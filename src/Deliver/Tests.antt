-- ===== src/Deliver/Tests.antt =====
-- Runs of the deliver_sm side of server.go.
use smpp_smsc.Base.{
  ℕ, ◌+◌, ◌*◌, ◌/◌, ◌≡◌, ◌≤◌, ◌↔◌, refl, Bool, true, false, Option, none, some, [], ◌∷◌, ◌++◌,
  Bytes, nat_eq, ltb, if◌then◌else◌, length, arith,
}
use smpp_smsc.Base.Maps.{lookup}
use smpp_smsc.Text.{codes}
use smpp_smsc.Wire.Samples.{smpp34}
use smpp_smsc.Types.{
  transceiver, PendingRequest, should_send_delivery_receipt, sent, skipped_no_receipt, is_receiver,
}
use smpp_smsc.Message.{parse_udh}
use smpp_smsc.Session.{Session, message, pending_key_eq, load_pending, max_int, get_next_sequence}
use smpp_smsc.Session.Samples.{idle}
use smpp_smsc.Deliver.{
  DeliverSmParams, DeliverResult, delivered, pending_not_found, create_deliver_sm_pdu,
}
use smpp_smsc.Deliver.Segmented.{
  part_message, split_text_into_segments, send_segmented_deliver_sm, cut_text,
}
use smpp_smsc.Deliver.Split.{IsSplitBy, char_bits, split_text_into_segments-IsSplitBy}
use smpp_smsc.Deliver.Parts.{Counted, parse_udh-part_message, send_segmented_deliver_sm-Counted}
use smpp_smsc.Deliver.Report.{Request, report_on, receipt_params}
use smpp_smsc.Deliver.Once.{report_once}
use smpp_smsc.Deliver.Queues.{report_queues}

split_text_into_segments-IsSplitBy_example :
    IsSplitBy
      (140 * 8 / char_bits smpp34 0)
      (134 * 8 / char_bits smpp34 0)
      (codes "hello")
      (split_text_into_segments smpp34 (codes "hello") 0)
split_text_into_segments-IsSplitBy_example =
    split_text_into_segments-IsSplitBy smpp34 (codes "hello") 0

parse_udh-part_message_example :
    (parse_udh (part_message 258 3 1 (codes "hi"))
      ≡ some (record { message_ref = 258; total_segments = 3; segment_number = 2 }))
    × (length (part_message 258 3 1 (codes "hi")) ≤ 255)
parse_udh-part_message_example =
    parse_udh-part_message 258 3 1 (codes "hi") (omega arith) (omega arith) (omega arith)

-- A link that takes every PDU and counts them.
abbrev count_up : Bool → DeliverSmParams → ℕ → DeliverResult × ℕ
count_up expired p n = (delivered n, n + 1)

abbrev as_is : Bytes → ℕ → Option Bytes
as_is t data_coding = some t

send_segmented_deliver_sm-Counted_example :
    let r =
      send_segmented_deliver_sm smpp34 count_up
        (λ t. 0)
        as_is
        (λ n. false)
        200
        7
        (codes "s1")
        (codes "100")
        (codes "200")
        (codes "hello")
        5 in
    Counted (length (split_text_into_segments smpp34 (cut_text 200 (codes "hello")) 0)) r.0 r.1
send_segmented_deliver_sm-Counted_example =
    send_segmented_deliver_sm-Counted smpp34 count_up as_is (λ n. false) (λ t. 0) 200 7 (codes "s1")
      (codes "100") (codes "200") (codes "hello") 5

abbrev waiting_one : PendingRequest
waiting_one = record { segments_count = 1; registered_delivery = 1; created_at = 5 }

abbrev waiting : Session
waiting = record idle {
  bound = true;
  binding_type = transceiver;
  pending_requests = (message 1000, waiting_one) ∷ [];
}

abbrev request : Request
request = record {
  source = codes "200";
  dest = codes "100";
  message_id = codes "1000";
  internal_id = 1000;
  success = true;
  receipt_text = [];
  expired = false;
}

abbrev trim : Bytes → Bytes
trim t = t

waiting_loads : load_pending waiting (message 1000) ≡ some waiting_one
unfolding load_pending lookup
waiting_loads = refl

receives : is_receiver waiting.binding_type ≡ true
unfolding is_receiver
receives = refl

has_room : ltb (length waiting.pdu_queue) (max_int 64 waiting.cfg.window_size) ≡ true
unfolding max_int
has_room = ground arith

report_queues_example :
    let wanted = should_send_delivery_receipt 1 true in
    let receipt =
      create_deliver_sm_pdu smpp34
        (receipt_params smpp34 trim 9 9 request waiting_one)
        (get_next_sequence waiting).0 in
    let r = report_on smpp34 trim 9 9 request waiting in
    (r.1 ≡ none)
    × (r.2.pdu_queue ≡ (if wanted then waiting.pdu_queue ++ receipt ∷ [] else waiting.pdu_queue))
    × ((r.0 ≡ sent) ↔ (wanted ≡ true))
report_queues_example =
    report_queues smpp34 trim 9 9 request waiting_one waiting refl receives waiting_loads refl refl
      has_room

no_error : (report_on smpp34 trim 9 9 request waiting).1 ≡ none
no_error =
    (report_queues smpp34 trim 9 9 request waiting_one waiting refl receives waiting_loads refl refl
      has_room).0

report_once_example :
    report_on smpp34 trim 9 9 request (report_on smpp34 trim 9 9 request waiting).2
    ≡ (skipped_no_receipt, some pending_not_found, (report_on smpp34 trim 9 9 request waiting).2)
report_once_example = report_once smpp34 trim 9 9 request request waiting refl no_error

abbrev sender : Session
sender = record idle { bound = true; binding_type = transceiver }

+ + +

EXERCISE DESCRIPTION: Set down every record above, word for word.

RESULT FOR THIS EXERCISE:
filename src/Deliver/Tests.antt
-- ===== src/Deliver/Tests.antt =====
-- Runs of the deliver_sm side of server.go.
use smpp_smsc.Base.{
  ℕ, ◌+◌, ◌*◌, ◌/◌, ◌≡◌, ◌≤◌, ◌↔◌, refl, Bool, true, false, Option, none, some, [], ◌∷◌, ◌++◌,
  Bytes, nat_eq, ltb, if◌then◌else◌, length, arith,
}
use smpp_smsc.Base.Maps.{lookup}
use smpp_smsc.Text.{codes}
use smpp_smsc.Wire.Samples.{smpp34}
use smpp_smsc.Types.{
  transceiver, PendingRequest, should_send_delivery_receipt, sent, skipped_no_receipt, is_receiver,
}
use smpp_smsc.Message.{parse_udh}
use smpp_smsc.Session.{Session, message, pending_key_eq, load_pending, max_int, get_next_sequence}
use smpp_smsc.Session.Samples.{idle}
use smpp_smsc.Deliver.{
  DeliverSmParams, DeliverResult, delivered, pending_not_found, create_deliver_sm_pdu,
}
use smpp_smsc.Deliver.Segmented.{
  part_message, split_text_into_segments, send_segmented_deliver_sm, cut_text,
}
use smpp_smsc.Deliver.Split.{IsSplitBy, char_bits, split_text_into_segments-IsSplitBy}
use smpp_smsc.Deliver.Parts.{Counted, parse_udh-part_message, send_segmented_deliver_sm-Counted}
use smpp_smsc.Deliver.Report.{Request, report_on, receipt_params}
use smpp_smsc.Deliver.Once.{report_once}
use smpp_smsc.Deliver.Queues.{report_queues}

split_text_into_segments-IsSplitBy_example :
    IsSplitBy
      (140 * 8 / char_bits smpp34 0)
      (134 * 8 / char_bits smpp34 0)
      (codes "hello")
      (split_text_into_segments smpp34 (codes "hello") 0)
split_text_into_segments-IsSplitBy_example =
    split_text_into_segments-IsSplitBy smpp34 (codes "hello") 0

parse_udh-part_message_example :
    (parse_udh (part_message 258 3 1 (codes "hi"))
      ≡ some (record { message_ref = 258; total_segments = 3; segment_number = 2 }))
    × (length (part_message 258 3 1 (codes "hi")) ≤ 255)
parse_udh-part_message_example =
    parse_udh-part_message 258 3 1 (codes "hi") (omega arith) (omega arith) (omega arith)

-- A link that takes every PDU and counts them.
abbrev count_up : Bool → DeliverSmParams → ℕ → DeliverResult × ℕ
count_up expired p n = (delivered n, n + 1)

abbrev as_is : Bytes → ℕ → Option Bytes
as_is t data_coding = some t

send_segmented_deliver_sm-Counted_example :
    let r =
      send_segmented_deliver_sm smpp34 count_up
        (λ t. 0)
        as_is
        (λ n. false)
        200
        7
        (codes "s1")
        (codes "100")
        (codes "200")
        (codes "hello")
        5 in
    Counted (length (split_text_into_segments smpp34 (cut_text 200 (codes "hello")) 0)) r.0 r.1
send_segmented_deliver_sm-Counted_example =
    send_segmented_deliver_sm-Counted smpp34 count_up as_is (λ n. false) (λ t. 0) 200 7 (codes "s1")
      (codes "100") (codes "200") (codes "hello") 5

abbrev waiting_one : PendingRequest
waiting_one = record { segments_count = 1; registered_delivery = 1; created_at = 5 }

abbrev waiting : Session
waiting = record idle {
  bound = true;
  binding_type = transceiver;
  pending_requests = (message 1000, waiting_one) ∷ [];
}

abbrev request : Request
request = record {
  source = codes "200";
  dest = codes "100";
  message_id = codes "1000";
  internal_id = 1000;
  success = true;
  receipt_text = [];
  expired = false;
}

abbrev trim : Bytes → Bytes
trim t = t

waiting_loads : load_pending waiting (message 1000) ≡ some waiting_one
unfolding load_pending lookup
waiting_loads = refl

receives : is_receiver waiting.binding_type ≡ true
unfolding is_receiver
receives = refl

has_room : ltb (length waiting.pdu_queue) (max_int 64 waiting.cfg.window_size) ≡ true
unfolding max_int
has_room = ground arith

report_queues_example :
    let wanted = should_send_delivery_receipt 1 true in
    let receipt =
      create_deliver_sm_pdu smpp34
        (receipt_params smpp34 trim 9 9 request waiting_one)
        (get_next_sequence waiting).0 in
    let r = report_on smpp34 trim 9 9 request waiting in
    (r.1 ≡ none)
    × (r.2.pdu_queue ≡ (if wanted then waiting.pdu_queue ++ receipt ∷ [] else waiting.pdu_queue))
    × ((r.0 ≡ sent) ↔ (wanted ≡ true))
report_queues_example =
    report_queues smpp34 trim 9 9 request waiting_one waiting refl receives waiting_loads refl refl
      has_room

no_error : (report_on smpp34 trim 9 9 request waiting).1 ≡ none
no_error =
    (report_queues smpp34 trim 9 9 request waiting_one waiting refl receives waiting_loads refl refl
      has_room).0

report_once_example :
    report_on smpp34 trim 9 9 request (report_on smpp34 trim 9 9 request waiting).2
    ≡ (skipped_no_receipt, some pending_not_found, (report_on smpp34 trim 9 9 request waiting).2)
report_once_example = report_once smpp34 trim 9 9 request request waiting refl no_error

abbrev sender : Session
sender = record idle { bound = true; binding_type = transceiver }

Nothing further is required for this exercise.